I have ordered from:

Freshdirect- they have great products, wonderful selection of local and organic things. The prices can be high on a lot of things, specially meat. The sales are good at times. I've used them almost exclusively for about 3 years. They have great customer service and with a $70 delivery pass you get free delivery for 6 months of orders over 30 bucks. Here in NY they deliver alcohol, flowers and party catering types of things. Cons: product selection for national brands is not great and they don't always have new and trendy products. They also deliver in boxes which need to be recycled. 

Peapod: Except for sale items I have found them very expensive, you can't shop from their store sales, and the fees are high unless they have a coupon code. They also don't always carry the same things as the stores. 

Amazon prime pantry: best deal on tide pods, when they have a coupon you can get 70 pods for 15.99. I find that they often don't have everything I want but like the tide you can find some great deals. Biggest con is that I hate their boxes. They are heavy and you have to open them to get to the cart handle. Hate that they are left in your doorstep. I only order from them rarely and only for great deals. 

ShopRite: this is my second favorite after fresh direct!!!! You can shop the sales. Things are not overpriced like peapod, and the variety is great. The delivery and handling charges are over 17.00 but worth it to me for the variety. Cons for me are th limited delivery times I can get. 

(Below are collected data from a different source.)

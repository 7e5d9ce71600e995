-- ===== src/Examples.antt =====
-- Runs on concrete data, with the numbers of `nat_floats`.
pub mod Data
pub mod Requests
pub mod Hooks
pub mod Lists
pub mod Links
pub mod Pages
pub mod Panels
pub mod Selecting
pub mod Splits
pub mod Opening
pub mod Containers
pub mod Shell
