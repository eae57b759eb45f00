-- ===== src/Tree/Removal.antt =====
-- `tree_nodeDelete` of common/pof_tree.c on the table that the trie stands for.
use pofswitch.Base.{
  ℕ, zero, suc, ◌*◌, ◌≤◌, ◌<◌, ◌≡◌, refl, ap, ◌∙◌, Bool, true, false, not, Option, none, some, List,
  [], ◌∷◌, arith, length, ◌==◌, ◌&&◌, if◌then◌else◌, u32, ◌+◌, ◌-◌, ◌^◌,
}
use pofswitch.Field.Bits.{bit_at, IsBytes}
use pofswitch.Tree.{
  TreeNode, null, node, Tree, node_delete_at, node_delete, with_son, son, is_null, is_leaf,
}
use pofswitch.Tree.Bits.{move_left-IsMoved, to_left-bit_at}
use pofswitch.Tree.Paths.{ptr_at, same_path, path_of, path_of_ext}
use pofswitch.Tree.Walk.{with_son-pair, with_son-stands}

abbrev removed : List Bool → TreeNode → List Bool → Option ℕ
removed path t q = if same_path q path then none else ptr_at t q

with_son-removed :
    (b ok : Bool) (path : List Bool) (p : Option ℕ) (l r child : TreeNode)
    → ((q : List Bool) → ptr_at child q ≡ removed path (son b l r) q)
    → (q : List Bool)
    → ptr_at (with_son b p l r (child, ok)).0 q ≡ removed (b ∷ path) (node p l r) q
with_son-removed true ok path p l r child h [] = refl
with_son-removed true ok path p l r child h (true ∷ q) = h q
with_son-removed true ok path p l r child h (false ∷ q) = refl
with_son-removed false ok path p l r child h [] = refl
with_son-removed false ok path p l r child h (true ∷ q) = refl
with_son-removed false ok path p l r child h (false ∷ q) = h q

-- The node at the end of the path: a leaf other than the root is freed, another loses its entry.
ended :
    (is_root : Bool) (p : Option ℕ) (l r : TreeNode) (q : List Bool)
    → ptr_at (if is_leaf l r && not is_root then null else node none l r) q
      ≡ removed [] (node p l r) q
ended true p null null [] = refl
ended true p null null (true ∷ q) = refl
ended true p null null (false ∷ q) = refl
ended false p null null [] = refl
ended false p null null (true ∷ q) = refl
ended false p null null (false ∷ q) = refl
ended is_root p (node s u v) r [] = refl
ended is_root p (node s u v) r (true ∷ q) = refl
ended is_root p (node s u v) r (false ∷ q) = refl
ended is_root p null (node s u v) [] = refl
ended is_root p null (node s u v) (true ∷ q) = refl
ended is_root p null (node s u v) (false ∷ q) = refl

nothing : (path q : List Bool) → none ≡ removed path null q
nothing path q = ground arith

root_stands :
    (l r : TreeNode) → is_null (if is_leaf l r && false then null else node none l r) ≡ false
root_stands null null = refl
root_stands null (node p l r) = refl
root_stands (node p l r) t = refl

record IsRemoved (path : List Bool) (is_root : Bool) (t t' : TreeNode) : Type 0 where
  ptrs : (q : List Bool) → ptr_at t' q ≡ removed path t q
  stands : is_root ≡ true → is_null t' ≡ false

delete_at-IsRemoved :
    (is_root : Bool) (n : ℕ) (v : List ℕ) (t : TreeNode)
    → IsBytes v
    → n ≤ 8 * length v
    → n + 7 < 2 ^ 32
    → (is_root ≡ true → is_null t ≡ false)
    → (t' : TreeNode) × (ok : Bool) × (node_delete_at is_root n v t ≡ some (t', ok))
      × IsRemoved (path_of (bit_at v) n) is_root t t'
unfolding node_delete_at
delete_at-IsRemoved true n v null b h w e = let clash : true ≡ false = e refl in cc
delete_at-IsRemoved false n v null b h w e =
    (null, false, refl, record { ptrs = nothing (path_of (bit_at v) n); stands = λ a. cc })
delete_at-IsRemoved true zero v (node p l r) b h w e =
    (_, true, refl, record { ptrs = ended true p l r; stands = λ _. root_stands l r })
delete_at-IsRemoved false zero v (node p l r) b h w e =
    (_, true, refl, record { ptrs = ended false p l r; stands = λ a. cc })
delete_at-IsRemoved is_root (suc n) v (node p l r) b h w e =
    let (moved, moves, m) = move_left-IsMoved n v b h w in
    let left = bit_at v 0 == 0 in
    let turns = to_left-bit_at v b (omega arith) in
    let rest : path_of (bit_at moved) n ≡ path_of (λ j. bit_at v (suc j)) n =
      path_of_ext n (bit_at moved) (λ j. bit_at v (suc j)) m.bits in
    let (child, ok, runs, i) =
      delete_at-IsRemoved false n moved (son left l r) m.keeps_bytes (omega (arith, m.same_length))
        (omega arith) (λ a. cc) in
    (
      (with_son left p l r (child, ok)).0,
      ok,
      rw (turns, moves, runs, with_son-pair left p l r child ok) refl,
      record {
        ptrs =
            with_son-removed left ok _ p l r child
              (λ q. i.ptrs q ∙ ap (λ a. removed a (son left l r) q) rest);
        stands = λ _. with_son-stands left p l r child ok;
      },
    )

-- On a trie with a root and a value that holds all the bits, less than 2 ^ 32 - 7, `tree_nodeDelete` reads in bounds;
-- after it the bit string has no entry, every other bit string has the entry it had, the root
-- stands, and the count falls by one (wrapping) exactly where it returns POF_OK.
pub node_delete-removes :
    (t : Tree) (v : List ℕ) (n : ℕ)
    → IsBytes v
    → n ≤ 8 * length v
    → n + 7 < 2 ^ 32
    → is_null t.root ≡ false
    → (t' : Tree) × (ok : Bool) × (node_delete t v n ≡ some (t', ok))
      × ((q : List Bool)
          → ptr_at t'.root q
            ≡ (if same_path q (path_of (bit_at v) n) then none else ptr_at t.root q))
      × (is_null t'.root ≡ false)
      × (t'.count ≡ (if ok then u32 (t.count + 2 ^ 32 - 1) else t.count))
unfolding node_delete
node_delete-removes t v n b h w e =
    let (root', ok, runs, i) = delete_at-IsRemoved true n v t.root b h w (λ _. e) in
    (_, ok, rw runs refl, i.ptrs, i.stands refl, refl)
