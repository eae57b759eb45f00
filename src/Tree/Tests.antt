-- ===== src/Tree/Tests.antt =====
-- A trie with the prefixes 1 and 11, and the theorems at it.
use pofswitch.Base.{
  ℕ, ◌+◌, ◌-◌, ◌^◌, ◌≡◌, refl, Bool, true, false, none, some, List, [], ◌∷◌, arith, if◌then◌else◌,
  ◌&&◌, u32,
}
use pofswitch.Field.Bits.{bit_at, IsBytes, are_bytes-IsBytes}
use pofswitch.Tree.{
  Tree, null, node, node_insert, node_delete, node_lookup, node_lookup_at, is_null, move_bytes,
  move_left, to_left,
}
use pofswitch.Tree.Longest.{longest, node_lookup-longest}
use pofswitch.Tree.Paths.{ptr_at, path_of, same_path}
use pofswitch.Tree.Removal.{node_delete-removes}
use pofswitch.Tree.Walk.{node_insert-writes}

-- The entry 4 at the prefix 1 and the entry 5 at the prefix 11.
abbrev two_prefixes : Tree
two_prefixes = record {
  root = node none null (node (some 4) null (node (some 5) null null));
  count = 2;
}

abbrev value : List ℕ
value = 0xc0 ∷ []

value-IsBytes : IsBytes value
value-IsBytes = are_bytes-IsBytes value refl

node_lookup_test : node_lookup two_prefixes value 8 ≡ some (some 5)
unfolding node_lookup node_lookup_at move_left move_bytes to_left
node_lookup_test = refl

node_lookup-longest_example :
    node_lookup two_prefixes value 8
    ≡ some (longest (ptr_at two_prefixes.root) (path_of (bit_at value) 8) none)
node_lookup-longest_example =
    node_lookup-longest two_prefixes value 8 value-IsBytes (omega arith) (omega arith) (omega arith)
      (omega arith)

node_insert-writes_example :
    (t' : Tree) × (ok : Bool) × (node_insert (λ i. true) two_prefixes 6 value 3 ≡ some (t', ok))
    × ((q : List Bool)
        → ptr_at t'.root q ≡ (
            if ok && same_path q (path_of (bit_at value) 3)
            then some 6
            else ptr_at two_prefixes.root q))
    × (is_null t'.root ≡ false)
    × (t'.count ≡ (if ok then u32 3 else 2))
    × (((i : ℕ) → true ≡ true) → ok ≡ true)
node_insert-writes_example =
    node_insert-writes (λ i. true) two_prefixes 6 value 3 value-IsBytes (omega arith) (omega arith)
      refl

node_delete-removes_example :
    (t' : Tree) × (ok : Bool) × (node_delete two_prefixes value 2 ≡ some (t', ok))
    × ((q : List Bool)
        → ptr_at t'.root q
          ≡ (if same_path q (path_of (bit_at value) 2) then none else ptr_at two_prefixes.root q))
    × (is_null t'.root ≡ false)
    × (t'.count ≡ (if ok then u32 (2 + 2 ^ 32 - 1) else 2))
node_delete-removes_example =
    node_delete-removes two_prefixes value 2 value-IsBytes (omega arith) (omega arith) refl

I'm interested if anyone had tried Holla?


----------



## Fuzzy (May 24, 2017)

I've been considering Blue Apron.


----------



## plushkitty (May 28, 2017)

I actually like grocery shopping, but I can't drive (epilepsy) and public transit is a joke around here. So I've ordered groceries online a few times. My favorite for dry goods is actually Vitacost. Yeah, they carry a lot of health food, but they also carry hard to find items like my favorite flavor of Pretzel Crisps, decent matcha tea, and almond paste suitable for making pignoli cookies at a reasonable price. The first time I found my beloved Pretzel Crisps on Vitacost I ordered like ten bags... I can only imagine what the order fulfillment people thought of that!


----------



## da3ley (Jun 25, 2018)

I do order groceries sometimes through Walmart, or Amazon Fresh. I do it sometimes because it's kind of difficult depending on how I feel to get around town. I do have a vehicle, but sometimes I am unable to find a motorized cart to go into shop as I have had 2 back injuries and my weight 520lbs almost makes it impossible to spend a full hour or so in the store just shopping with a regular card. I was actually please with Amazon Fresh. They didn't charge for the actual delivery of the groceries and the items were fresh.


----------



## da3ley (Jun 25, 2018)

Fuzzy said:


> I've been considering Blue Apron.


I have used Blue Apron to teach my girls to cook. Its not too bad at all. It's quite fun as well. They give you the illustrated pictorial recipe cards, the ingredients which are fresh, and they all come wrapped up in their own little containers, or bottles, and packages.

To me, they make the best portions as well. Not too much or too little, but perfect sizes. You can also pick out your own recipes. Now the price is what can kill you if you don't have the funds.


----------



## Lizzie_Jones (Sep 13, 2018)

I used to shop online but have since moved 2 blocks from a organic local foods grocery coop and I get my meat delivered now by a local butcher.


----------